Find out what is being said about Edward Berger’s film, starring Ralph Fiennes and Stanley Tucci.

The Guardian: **** “Berger orchestrates marvellously tense, explosively dramatic scenes and with cinematographer Stéphane Fontaine and production designer Suzie Davies contrives some spectacularly strange and dream-like tableaux.”
The Observer: ***** “Berger milks every last drop of tension and intrigue from Harris’s story, with cinematographer Stéphane Fontaine’s lens picking up on the eye daggers the rival factions fire at each other across the refectory. Equally effective is the ramped up use of sound, which amplifies Cardinal Lawrence’s laboured breath and scuttling footsteps, and the forceful, emphatic score by Volker Bertelmann, reuniting with Berger after their collaboration on All Quiet.”
The Arts Desk: ***** “Fiennes is magnificent, helming the arcane voting process with a pained and regretful sobriety, but always keeping his antennae alert for any hint of sharp practice.”
The Independent: *** “Ralph Fiennes is a vaping cardinal tasked with electing a new pope, in a film that plays as a conspiracy thriller – if only it interrogated its own ideas, though.”

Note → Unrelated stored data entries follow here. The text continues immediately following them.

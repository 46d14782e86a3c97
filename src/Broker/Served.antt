-- ===== src/Broker/Served.antt =====
-- One request takes the records by one step of the specification: the outcomes of the handlers as
-- steps, and the requests that only read.
use osb_opengauss_go.Prelude.{if◌then◌else◌, text_eq, ◌≡◌, sym, subst, All, Text, some}
use osb_opengauss_go.Result.{Result, ok, err}
use osb_opengauss_go.Exec.{Exec}
use osb_opengauss_go.World.{World}
use osb_opengauss_go.Params.Bounds.{HasQuotas}
use osb_opengauss_go.Broker.{Broker, Details, ProvisionedServiceSpec, Binding}
use osb_opengauss_go.Broker.Rows.{Rows, Views, rows, IsStore, Keeps, keeps_rules}
use osb_opengauss_go.Broker.Access.{get_instance-Keeps, get_binding-Keeps}
use osb_opengauss_go.Broker.Spec.{Step, stay, provisioned, updated, deprovisioned, bound, unbound}
use osb_opengauss_go.Broker.Outcomes.{
  Served, Ends, Provisioned, existed, recorded, Updated, Deprovisioned, Bound, Unbound,
}
use osb_opengauss_go.Broker.Rules.{Same-eq}
use osb_opengauss_go.Broker.InstanceSteps.{provision-Ends, update-Ends}
use osb_opengauss_go.Broker.RemovalSteps.{deprovision-Ends}
use osb_opengauss_go.Broker.BindingSteps.{bind-Ends, unbind-Ends}
use osb_opengauss_go.Broker.Handlers.{
  provision, update, deprovision, bind, unbind, fetch_instance, fetch_binding, last_operation,
  last_binding_operation,
}
use osb_opengauss_go.Broker.Requests.{
  Request, provision_request, update_request, deprovision_request, bind_request, unbind_request,
  fetch_instance_request, fetch_binding_request, last_operation_request,
  last_binding_operation_request, serve,
}

module _ {F I B S R : Type 0} (b : Broker F I B S R) (s t : Rows) where
  Ends-Step :
      {E A : Type 0} (Q : A → Rows → Type 0) (r : Result E A)
      → ((a : A) → Q a t → Step b s t)
      → Ends s Q t r
      → Step b s t
  Ends-Step Q (ok a) h end = h a end
  Ends-Step Q (err e) h (instances, bindings) = stay instances bindings

  Provisioned-Step :
      (id : Text) (details : Details) (a : ProvisionedServiceSpec)
      → Provisioned b id details s a t
      → Step b s t
  Provisioned-Step id details a (existed r flag there (instances, bindings)) =
      stay instances bindings
  Provisioned-Step id details a (recorded r flag free request (set, bindings)) =
      provisioned r (rw request.keyed free) request.planned
        (subst (λ k. (j : Text) → t.instances j ≡ (if text_eq k j then some r else s.instances j))
          (sym request.keyed) set)
        bindings

  Updated-Step : (id : Text) (details : Details) → Updated b id details s t → Step b s t
  Updated-Step id details h =
      updated id h.old h.requested h.plan h.there h.found h.within h.set.0 h.set.1

  Deprovisioned-Step : (id : Text) → Deprovisioned id s t → Step b s t
  Deprovisioned-Step id h = deprovisioned id h.free h.set.0 h.set.1

  Bound-Step :
      (instance_id id : Text) (details : Details) (a : Binding)
      → Bound b instance_id id details s a t
      → Step b s t
  Bound-Step instance_id id details a (existed r flag there owner (instances, bindings)) =
      stay instances bindings
  Bound-Step instance_id id details a (recorded r i flag free there issued (instances, set)) =
      bound r i (rw issued.keyed free) (rw issued.owner there) instances (
        subst (λ k. (j : Text) → t.bindings j ≡ (if text_eq k j then some r else s.bindings j))
          (sym issued.keyed) set)

  Unbound-Step : (instance_id id : Text) → Unbound instance_id id s t → Step b s t
  Unbound-Step instance_id id h = unbound id h.set.0 h.set.1

-- requests that only read the records
module _ {F I B S R : Type 0} (b : Broker F I B S R) (v : Views I B)
    (laws : IsStore v b.store) where
  fetch_instance-Keeps : (id : Text) → Keeps v (fetch_instance b id)
  unfolding fetch_instance
  fetch_instance-Keeps id = search (keeps_rules, get_instance-Keeps b.store v laws)

  fetch_binding-Keeps : (id : Text) → Keeps v (fetch_binding b id)
  unfolding fetch_binding
  fetch_binding-Keeps id = search (keeps_rules, get_binding-Keeps b.store v laws)

  last_operation-Keeps : (id : Text) → Keeps v (last_operation b id)
  unfolding last_operation
  last_operation-Keeps id = search (keeps_rules, get_instance-Keeps b.store v laws)

  last_binding_operation-Keeps : (id : Text) → Keeps v (last_binding_operation b id)
  unfolding last_binding_operation
  last_binding_operation-Keeps id = search (keeps_rules, get_binding-Keeps b.store v laws)

  Keeps-Step :
      {E A : Type 0} (m : Exec (World I B S R) E A)
      → Keeps v m
      → (w : World I B S R) → Step b (rows v w) (rows v (m w).1)
  Keeps-Step m h w =
      let (instances, bindings) = Same-eq (rows v w) (rows v (m w).1) (h.at w) in
      stay instances bindings

  module _ (quotas : All HasQuotas b.catalog.plans) where
    pub serve-Step : (r : Request) (w : World I B S R) → Step b (rows v w) (rows v (serve b r w))
    unfolding serve
    serve-Step (provision_request id d) w =
        Ends-Step b _ _ (Served b d (Provisioned b id d (rows v w))) (provision b id d w).0
          (λ a q. Provisioned-Step b _ _ id d a q.1) (provision-Ends b v laws quotas id d w)
    serve-Step (update_request id d) w =
        Ends-Step b _ _ (Served b d (λ u t. Updated b id d (rows v w) t)) (update b id d w).0
          (λ _ q. Updated-Step b _ _ id d q.1) (update-Ends b v laws quotas id d w)
    serve-Step (deprovision_request id d) w =
        Ends-Step b _ _ (Served b d (λ u t. Deprovisioned id (rows v w) t)) (deprovision b id d w).0
          (λ _ q. Deprovisioned-Step b _ _ id q.1) (deprovision-Ends b v laws id d w)
    serve-Step (bind_request instance_id id d) w =
        Ends-Step b _ _ (Served b d (Bound b instance_id id d (rows v w)))
          (bind b instance_id id d w).0 (λ a q. Bound-Step b _ _ instance_id id d a q.1)
          (bind-Ends b v laws instance_id id d w)
    serve-Step (unbind_request instance_id id d) w =
        Ends-Step b _ _ (Served b d (λ u t. Unbound instance_id id (rows v w) t))
          (unbind b instance_id id d w).0 (λ _ q. Unbound-Step b _ _ instance_id id q.1)
          (unbind-Ends b v laws instance_id id d w)
    serve-Step (fetch_instance_request id) w = Keeps-Step _ (fetch_instance-Keeps id) w
    serve-Step (fetch_binding_request id) w = Keeps-Step _ (fetch_binding-Keeps id) w
    serve-Step (last_operation_request id) w = Keeps-Step _ (last_operation-Keeps id) w
    serve-Step (last_binding_operation_request id) w =
        Keeps-Step _ (last_binding_operation-Keeps id) w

Empire: **** “As conspiracies come to light, Berger’s winding plot unfolds in tight confines — the cardinals are, after all, sequestered — leading to breathless claustrophobia, aided by cold interiors practically devoid of colour. All that stands out is the cardinals’ bright-red attire, matching the passion and bloodlust with which they navigate the movie’s shifting political sands. It all unfolds with such precision: an unlikely potboiler that Berger presents not only thoughtfully, but viciously and deliciously.”
The Telegraph: *** “In this drama about the election of a new pope, Fiennes stars as a cardinal who is Rome’s present-day answer to Thomas Cromwell in Wolf Hall.”
Evening Standard: ***** “On top of all this is the visual feast served up by Stéphane Fontaine’s camera work; one moment hyper-vividly zooming in to every perspiring pore of these embattled cardinals, the next pulling out reveal the grandest of tableaus. Cloaked in deep, velvety crimson, these holy men look like glacé cherries floating on a particularly beautiful cake.”
The Upcoming: **** “Even as it raises a number of important talking points about religion, Conclave peels away the frock to unveil universal objectives of coexistence in a society. With the impending presidential election of a nation on the wheel of global politics, Conclave is one of the most consequential features of the year and should not be missed.”